Temuan ini membangkitkan pertanyaan mendalam tentang apa yang sebenarnya terjadi di balik layar. Para peneliti mungkin terkejut bukan hanya pada rendahnya jumlah kursus yang peduli, tetapi pada kualitas yang sangat minim dari kursus-kursus tersebut. Ini adalah indikasi bahwa terlepas dari retorika publik yang gencar tentang pentingnya keberlanjutan, institusi pendidikan tinggi belum berhasil menerjemahkan komitmen itu menjadi kurikulum yang efektif.

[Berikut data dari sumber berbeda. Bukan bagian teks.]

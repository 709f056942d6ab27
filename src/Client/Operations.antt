-- ===== src/Client/Operations.antt =====
-- pkg/client/stdio_client.go and http_client.go: the operations of the interface Client, the same
-- in both clients but for the notification at the end of StdioClient.Initialize. They use
-- sendRequest, which here is a function of the client's state, the method and the params.
use Prim.Native.String
use mcp_module.Common.{String, Option, none, some, List, [], ◌∷◌, map, Dict, ◌>>=◌}
use mcp_module.Json.{Value, null, str, object, Any, dict, Runtime}
use mcp_module.Protocol.{
  Result, ok, failed, Request, new_notification, Params, no_params, unmarshalable, marshalled,
  Response, mcp_protocol_version,
}
use mcp_module.Protocol.Content.{
  Tool, ToolResult, Resource, ResourceContent, Prompt, PromptMessage, InitializeResult, ClientInfo,
}
use mcp_module.Protocol.Codec.{encode_any_map, decode_result, encode_request}
use mcp_module.Protocol.Codec.Handshake.{encode_initialize_params, decode_initialize_result}
use mcp_module.Client.Results.{
  local, wrapped, Outcome, received, refused, parse_result, list_tools_result,
  list_resources_result, read_resource_result, list_prompts_result, get_prompt_result,
}

abbrev pub Send : Type 0 → Type 0
Send S = S → String → Params → S × Outcome Response

unfoldable pub to_params : Option Value → Params
to_params none = unmarshalable
to_params (some v) = marshalled v

-- `if err != nil { return nil, err }`, and then the response is parsed.
unfoldable pub then_parse {ℓ} :
    {A : Type ℓ} → Runtime → (Value → Option A) → Outcome Response → Outcome A
then_parse go read (refused e) = refused e
then_parse go read (received resp) = parse_result go read resp

-- The first of the contents.
unfoldable pub first_content : String → Outcome (List ResourceContent) → Outcome ResourceContent
first_content uri (refused e) = refused e
first_content uri (received []) =
    refused (local (String.◌++◌ "no content returned for resource: " uri))
first_content uri (received (c ∷ _)) = received c

-- The params that an operation sends: a map with its arguments.
unfoldable pub call_params : String → Dict Any → Option Value
call_params name args = do
  fs ← encode_any_map args
  some (object (("arguments", object fs) ∷ ("name", str name) ∷ []))

unfoldable pub uri_params : String → Value
uri_params uri = object (("uri", str uri) ∷ [])

unfoldable pub prompt_params : String → Dict String → Value
prompt_params name args =
    object (("arguments", object (map (λ e. (e.0, str e.1)) args)) ∷ ("name", str name) ∷ [])

unfoldable pub initialize_params : ClientInfo → Option Value
initialize_params info =
    encode_initialize_params (record {
      protocol_version = mcp_protocol_version;
      capabilities = dict [];
      client_info = info;
    })

unfoldable pub wrap_failure {ℓ} : {A : Type ℓ} → String → Outcome A → Outcome A
wrap_failure prefix (refused e) = refused (wrapped prefix e)
wrap_failure prefix (received a) = received a

-- What Initialize makes of the response.
unfoldable pub initialize_outcome : Runtime → Outcome Response → Outcome InitializeResult
unfolding wrap_failure
initialize_outcome go (refused e) = refused (wrapped "initialize failed: " e)
initialize_outcome go (received resp) =
    wrap_failure "failed to parse initialize result: "
      (parse_result go decode_initialize_result resp)

-- The notification at the end of StdioClient.Initialize, as it is written; the errors are dropped, so
-- that a nil request is written as null, and a blank line where json.Marshal fails.
unfoldable pub notification_line : Result Request → Option Value
notification_line (failed _) = some null
notification_line (ok req) = encode_request req

unfoldable pub initialized_line : Runtime → Option Value
unfolding notification_line
initialized_line go =
    notification_line (new_notification go "notifications/initialized" (marshalled (object [])))

-- A notification follows only where Initialize returns a result.
unfoldable pub then_notify {ℓ} :
    {A S : Type ℓ} → (S → Option Value → S) → Option Value → S × Outcome A → S × Outcome A
then_notify note line (c, refused e) = (c, refused e)
then_notify note line (c, received a) = (note c line, received a)

module _ {S : Type 0} (go : Runtime) (send : Send S) where
  unfoldable pub initialize : ClientInfo → S → S × Outcome InitializeResult
  initialize info c =
      let (c', o) = send c "initialize" (to_params (initialize_params info)) in
      (c', initialize_outcome go o)

  -- StdioClient.Initialize; `note` writes a line to the server.
  unfoldable pub stdio_initialize :
      (S → Option Value → S) → ClientInfo → S → S × Outcome InitializeResult
  unfolding then_notify initialized_line
  stdio_initialize note info c = then_notify note (initialized_line go) (initialize info c)

  unfoldable pub list_tools : S → S × Outcome (List Tool)
  list_tools c =
      let (c', o) = send c "tools/list" no_params in (c', then_parse go (list_tools_result go) o)

  unfoldable pub call_tool : String → Dict Any → S → S × Outcome ToolResult
  call_tool name args c =
      let (c', o) = send c "tools/call" (to_params (call_params name args)) in
      (c', then_parse go decode_result o)

  unfoldable pub list_resources : S → S × Outcome (List Resource)
  list_resources c =
      let (c', o) = send c "resources/list" no_params in (c', then_parse go list_resources_result o)

  unfoldable pub read_resource : String → S → S × Outcome ResourceContent
  read_resource uri c =
      let (c', o) = send c "resources/read" (marshalled (uri_params uri)) in
      (c', first_content uri (then_parse go read_resource_result o))

  unfoldable pub list_prompts : S → S × Outcome (List Prompt)
  list_prompts c =
      let (c', o) = send c "prompts/list" no_params in (c', then_parse go list_prompts_result o)

  unfoldable pub get_prompt : String → Dict String → S → S × Outcome (List PromptMessage)
  get_prompt name args c =
      let (c', o) = send c "prompts/get" (marshalled (prompt_params name args)) in
      (c', then_parse go get_prompt_result o)
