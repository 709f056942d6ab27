-- ===== src/Json/Fields.antt =====
-- What a struct field reads from the members that were written.
use mcp_module.Common.{
  String, Bool, none, some, List, [], ◌∷◌, Dict, if◌then◌else◌, ◌≡◌, refl, arith,
}
use mcp_module.Json.{
  Value, items, elems, members, fields, find_field, part, found_at, fold_eq, struct_of, object,
}

pub elems-items : (vs : List Value) → elems (items vs) ≡ vs
unfolding elems items
elems-items [] = refl
elems-items (v ∷ vs) = rw (elems-items vs)

pub fields-members : (fs : Dict Value) → fields (members fs) ≡ fs
unfolding fields members
fields-members [] = refl
fields-members ((k, v) ∷ fs) = rw (fields-members fs)

pub struct_of-object : (fs : Dict Value) → struct_of (object fs) ≡ some fs
unfolding struct_of
struct_of-object fs = rw (fields-members fs)

pub find_field-nil : (name : String) → find_field name [] ≡ none
unfolding find_field
find_field-nil name = refl

pub find_field-part :
    (name k : String) (empty : Bool) (v : Value) (rest : Dict Value)
    → find_field name (part empty k v rest)
      ≡ found_at (fold_eq k name) (find_field name rest) (if empty then none else some v)
unfolding find_field part
find_field-part name k empty v rest = ground arith

pub ruleset field_laws = (struct_of-object, find_field-part, find_field-nil)
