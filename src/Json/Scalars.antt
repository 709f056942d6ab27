-- ===== src/Json/Scalars.antt =====
-- Reading back a field that was written, or left out because it was empty.
use mcp_module.Common.{
  String, Bool, true, false, not, Option, none, some, List, [], ◌∷◌, map, if◌then◌else◌, ◌==◌, ◌≡◌,
  refl, arith, eq_iff, traverse,
}
use mcp_module.Common.Int.{ℤ, fits_int64}
use mcp_module.Json.{
  Value, str, bool, int, arr, string_of, bool_of, int_of, list_of, is_empty, items,
}
use mcp_module.Json.Fields.{elems-items}

pub string_of_omitted : (s : String) → string_of (if s == "" then none else some (str s)) ≡ some s
unfolding string_of
string_of_omitted s = ground (arith, eq_iff s "")

pub string_of_kept : (s : String) → string_of (some (str s)) ≡ some s
unfolding string_of
string_of_kept s = refl

pub bool_of_omitted : (b : Bool) → bool_of (if not b then none else some (bool b)) ≡ some b
unfolding bool_of
bool_of_omitted true = refl
bool_of_omitted false = refl

pub int_of_kept : (z : ℤ) → fits_int64 z ≡ true → int_of (some (int z)) ≡ some z
unfolding int_of
int_of_kept z h = rw h

module _ {ℓ} {A : Type ℓ} (read : Value → Option A) (write : A → Value)
    (back : (a : A) → read (write a) ≡ some a) where
  pub traverse-map : (as' : List A) → traverse read (map write as') ≡ some as'
  unfolding traverse
  traverse-map [] = refl
  traverse-map (a ∷ as') = rw (back a) (rw (traverse-map as'))

  pub list_of_kept : (as' : List A) → list_of read (some (arr (items (map write as')))) ≡ some as'
  unfolding list_of
  list_of_kept as' = rw (elems-items (map write as')) (traverse-map as')

  pub list_of_omitted :
      (as' : List A)
      → list_of read (if is_empty as' then none else some (arr (items (map write as')))) ≡ some as'
  unfolding list_of
  list_of_omitted [] = refl
  list_of_omitted (a ∷ as') = list_of_kept (a ∷ as')
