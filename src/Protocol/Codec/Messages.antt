-- ===== src/Protocol/Codec/Messages.antt =====
-- Reading back the messages and contents that were written.
use mcp_module.Common.{
  String, true, false, Option, none, some, [], ◌∷◌, Dict, if◌then◌else◌, ◌≡◌, ◌≢◌, refl, traverse,
  arith, ◌>>=◌, RoundTrips, All, traverse-traverse,
}
use mcp_module.Common.Int.{fits_int64}
use mcp_module.Json.{
  Value, Any, Runtime, marshal, unmarshal, any_of, is_absent, absent, find_field, found_at, fold_eq,
  null, entry_of, dict_of, is_empty, object,
}
use mcp_module.Json.Fields.{
  field_laws, struct_of-object, find_field-part, find_field-nil, fields-members,
}
use mcp_module.Json.Scalars.{
  string_of_omitted, string_of_kept, bool_of_omitted, int_of_kept, list_of_kept, list_of_omitted,
}
use mcp_module.Protocol.{RpcError, Response, Request}
use mcp_module.Protocol.Content.{ContentBlock, ToolResult, Tool}
use mcp_module.Protocol.Codec.{
  encode_block, decode_block, encode_result, decode_result, encode_request, decode_request,
  encode_error, error_object, decode_error, encode_response, decode_response, encode_pointer,
  pointer_of, map_pointer, raw_part?, encode_tool, decode_tool, encode_any_map, decode_any_map,
  marshal_entry,
}

pub ruleset codec_laws = (field_laws, string_of_omitted, string_of_kept, bool_of_omitted)

pub decode-encode_block : (b : ContentBlock) → decode_block (encode_block b) ≡ some b
unfolding decode_block encode_block
decode-encode_block b = simp codec_laws

pub decode-encode_result : (r : ToolResult) → decode_result (encode_result r) ≡ some r
unfolding decode_result encode_result
decode-encode_result r = simp (codec_laws, list_of_kept, decode-encode_block)

-- A dynamic value that survives being written and read: what it is written as reads back as itself.
-- Numbers do if they are float64 already; an int64 comes back as a float64.
pub record Survives (go : Runtime) (a : Any) : Type 0 where
  pub written : Value
  pub writes : marshal a ≡ some written
  pub reads : unmarshal go written ≡ a

-- Of a nil member nothing is written, and nil is read.
any_of-part :
    (go : Runtime) (a : Any) (v : Value)
    → unmarshal go v ≡ a
    → any_of go (if is_absent a then none else some v) ≡ a
unfolding any_of
any_of-part go absent v e = refl
any_of-part go _ v e = e

pub find_field-raw :
    (name k : String) (o : Option Value) (rest : Dict Value)
    → find_field name (raw_part? k o rest) ≡ found_at (fold_eq k name) (find_field name rest) o
find_field-raw name k none rest = find_field-part name k true null rest
find_field-raw name k (some v) rest = find_field-part name k false v rest

-- A pointer to what is written as an object is read back.
module _ {ℓ} {A : Type ℓ} (read : Value → Option A) (write : A → Value)
    (back : (a : A) → read (write a) ≡ some a) (not_null : (a : A) → write a ≢ null) where
  pub pointer_of_written : (a : A) → pointer_of read (some (write a)) ≡ some (some a)
  unfolding pointer_of
  pointer_of_written a = ground (arith, back a, not_null a)

  pub pointer_of-map_pointer : (o : Option A) → pointer_of read (map_pointer write o) ≡ some o
  unfolding pointer_of
  pointer_of-map_pointer none = refl
  pointer_of-map_pointer (some a) = pointer_of_written a

-- The id is read back as whatever its member reads as.
pub decode-encode_request_id :
    (go : Runtime) (r : Request) (v : Value) (a : Any)
    → marshal r.id ≡ some v
    → any_of go (if is_absent r.id then none else some v) ≡ a
    → (encode_request r >>= decode_request go) ≡ some (record r { id = a })
unfolding decode_request encode_request
decode-encode_request_id go r v a e h = simp (codec_laws, find_field-raw, e, h)

-- A request whose id survives being written and read is read back as it was written.
pub decode-encode_request :
    (go : Runtime) (r : Request)
    → Survives go r.id
    → (encode_request r >>= decode_request go) ≡ some r
decode-encode_request go r s =
    decode-encode_request_id go r s.written r.id s.writes (any_of-part go r.id s.written s.reads)

decode-error_object :
    (go : Runtime) (e : RpcError) (v : Value)
    → fits_int64 e.code ≡ true
    → unmarshal go v ≡ e.payload
    → decode_error go (error_object e v) ≡ some e
unfolding decode_error error_object
decode-error_object go e v f h =
    simp (codec_laws, int_of_kept e.code f, any_of-part go e.payload v h)

-- What a response must hold to be read back as it was written.
pub record ErrorSurvives (go : Runtime) (e : RpcError) : Type 0 where
  pub code_fits : fits_int64 e.code ≡ true
  pub payload_survives : Survives go e.payload

abbrev pub PointerSurvives : Runtime → Option RpcError → Type 0
PointerSurvives go none = Unit
PointerSurvives go (some e) = ErrorSurvives go e

rw_pointer :
    (go : Runtime) (e : RpcError) (v : Value)
    → decode_error go (error_object e v) ≡ some e
    → pointer_of (decode_error go) (some (error_object e v)) ≡ some (some e)
unfolding pointer_of error_object
rw_pointer go e v h = rw h

pointer_of_error :
    (go : Runtime) (o : Option RpcError)
    → PointerSurvives go o
    → (v : Option Value) × (encode_pointer encode_error o ≡ some v)
      × (pointer_of (decode_error go) v ≡ some o)
unfolding encode_pointer pointer_of encode_error
pointer_of_error go none _ = (none, refl, refl)
pointer_of_error go (some e) h =
    let s = h.payload_survives in
    (
      some (error_object e s.written),
      rw s.writes,
      rw_pointer go e s.written (decode-error_object go e s.written h.code_fits s.reads),
    )

-- A response is read back as it was written, if its id survives that and, where it holds an error,
-- the error's data does and its code fits into 64 bits.
pub decode-encode_response :
    (go : Runtime) (r : Response)
    → Survives go r.id
    → PointerSurvives go r.error
    → (encode_response r >>= decode_response go) ≡ some r
unfolding decode_response encode_response
decode-encode_response go r s h =
    let (v, written, read) = pointer_of_error go r.error h in
    simp
      (codec_laws, find_field-raw, s.writes, written, read, any_of-part go r.id s.written s.reads)

-- A tool's schema is read back if its values are, and a tool with it.
marshal_entry_back :
    (go : Runtime) (e : String × Any)
    → Survives go e.1
    → RoundTrips marshal_entry (entry_of (λ v. some (unmarshal go v))) e
unfolding marshal_entry entry_of RoundTrips
marshal_entry_back go (k, a) s = ((k, s.written), rw (s.writes), rw (s.reads))

-- Every value of the map survives.
abbrev pub MapSurvives : Runtime → Dict Any → Type 0
MapSurvives go m = All (λ e. Survives go e.1) m

All-entries :
    (go : Runtime) (m : Dict Any)
    → MapSurvives go m
    → All (RoundTrips marshal_entry (entry_of (λ v. some (unmarshal go v)))) m
All-entries go [] _ = tt
All-entries go (e ∷ m) (s, h) = (marshal_entry_back go e s, All-entries go m h)

any_map_back :
    (go : Runtime) (m : Dict Any)
    → MapSurvives go m
    → (fs : Dict Value) × (encode_any_map m ≡ some fs)
      × (decode_any_map go (if is_empty m then none else some (object fs)) ≡ some m)
unfolding encode_any_map decode_any_map dict_of traverse
any_map_back go [] _ = ([], refl, refl)
any_map_back go (e ∷ m) h =
    let (fs, written, read) = traverse-traverse _ _ (e ∷ m) (All-entries go (e ∷ m) h) in
    (fs, written, rw (fields-members fs) read)

-- The map is written whole where it is not left out.
pub any_map_kept :
    (go : Runtime) (m : Dict Any)
    → MapSurvives go m
    → (fs : Dict Value) × (encode_any_map m ≡ some fs)
      × (decode_any_map go (some (object fs)) ≡ some m)
unfolding encode_any_map decode_any_map dict_of
any_map_kept go m h =
    let (fs, written, read) = traverse-traverse _ _ m (All-entries go m h) in
    (fs, written, rw (fields-members fs) read)

-- A tool is read back as it was written, if the values of its schema survive that.
pub decode-encode_tool :
    (go : Runtime) (t : Tool)
    → MapSurvives go t.input_schema
    → (encode_tool t >>= decode_tool go) ≡ some t
unfolding decode_tool encode_tool
decode-encode_tool go t h =
    let (fs, written, read) = any_map_back go t.input_schema h in simp (codec_laws, written, read)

Kesenjangan ini berdampak pada berbagai pihak:

  • Mahasiswa: Mereka memasuki pasar kerja dengan kesenjangan pengetahuan yang kritis. Tuntutan industri untuk desainer yang kompeten dalam keberlanjutan semakin meningkat, tetapi para lulusan tidak memiliki bekal yang memadai untuk memenuhi permintaan tersebut.1
  • Industri: Perusahaan kehilangan potensi inovasi dan terobosan produk yang dapat mengurangi dampak lingkungan karena kurangnya talenta desainer yang terlatih dalam keberlanjutan. Ini menghambat kemampuan mereka untuk merespons pasar yang semakin menuntut produk ramah lingkungan.
  • Masyarakat Luas: Kemajuan menuju target iklim dan keberlanjutan global menjadi terhambat karena profesi kunci yang bertanggung jawab untuk inovasi tidak memiliki bekal yang tepat untuk memimpin perubahan.1

Situasi ini semakin rumit oleh beberapa faktor eksternal yang disoroti dalam penelitian. Pertama, peran pemerintah. Meskipun kebijakan seperti EA2025 dan insentif pajak berupaya mendorong industri untuk lebih berkelanjutan, legislasi yang ada seringkali terlalu umum, kuno, dan lambat untuk mengikuti kecepatan perkembangan teknologi.1 Pemerintah Inggris sendiri mengakui bahwa "perubahan legislasi bisa lambat, sementara kecepatan perkembangan teknologi atau bukti baru tentang kerusakan lingkungan mungkin memerlukan tindakan cepat".1

Sebuah kesenjangan kebijakan yang lebih serius juga teridentifikasi: pemerintah berfokus pada pendidikan keberlanjutan di tingkat K-12 (usia 5-15 tahun), tetapi tidak memberikan mandat serupa di pendidikan tinggi.1 Ini menciptakan kegagalan sistematis dalam "estafet" pendidikan keberlanjutan. Sementara generasi muda dididik untuk peduli, institusi yang seharusnya melatih mereka untuk bertindak justru tertinggal. Selain itu, ada tantangan internal lain, seperti keengganan sebagian pendidik untuk mengubah konten mata kuliah mereka atau keterbatasan pengetahuan mereka sendiri tentang keberlanjutan. Mahasiswa juga kesulitan belajar dalam konteks hipotetis, yang menunjukkan kebutuhan mendesak untuk pembelajaran berbasis kasus nyata, proyek studio, dan kolaborasi dengan industri.

 

Sebuah Peta Jalan Menuju Pendidikan yang "Kuat" dan Berdampak

Sebagai respons terhadap tantangan ini, penelitian ini mengusulkan sebuah Model Kerangka Kerja Pendidikan Berkelanjutan yang dirancang untuk membantu kursus desain pascasarjana bertransisi dari level "lemah" atau "sangat lemah" menjadi level "kuat".1 Model ini memvisualisasikan perjalanan akademis sebagai sebuah roda yang terus berputar, menekankan siklus pembelajaran berkelanjutan dan perbaikan konstan.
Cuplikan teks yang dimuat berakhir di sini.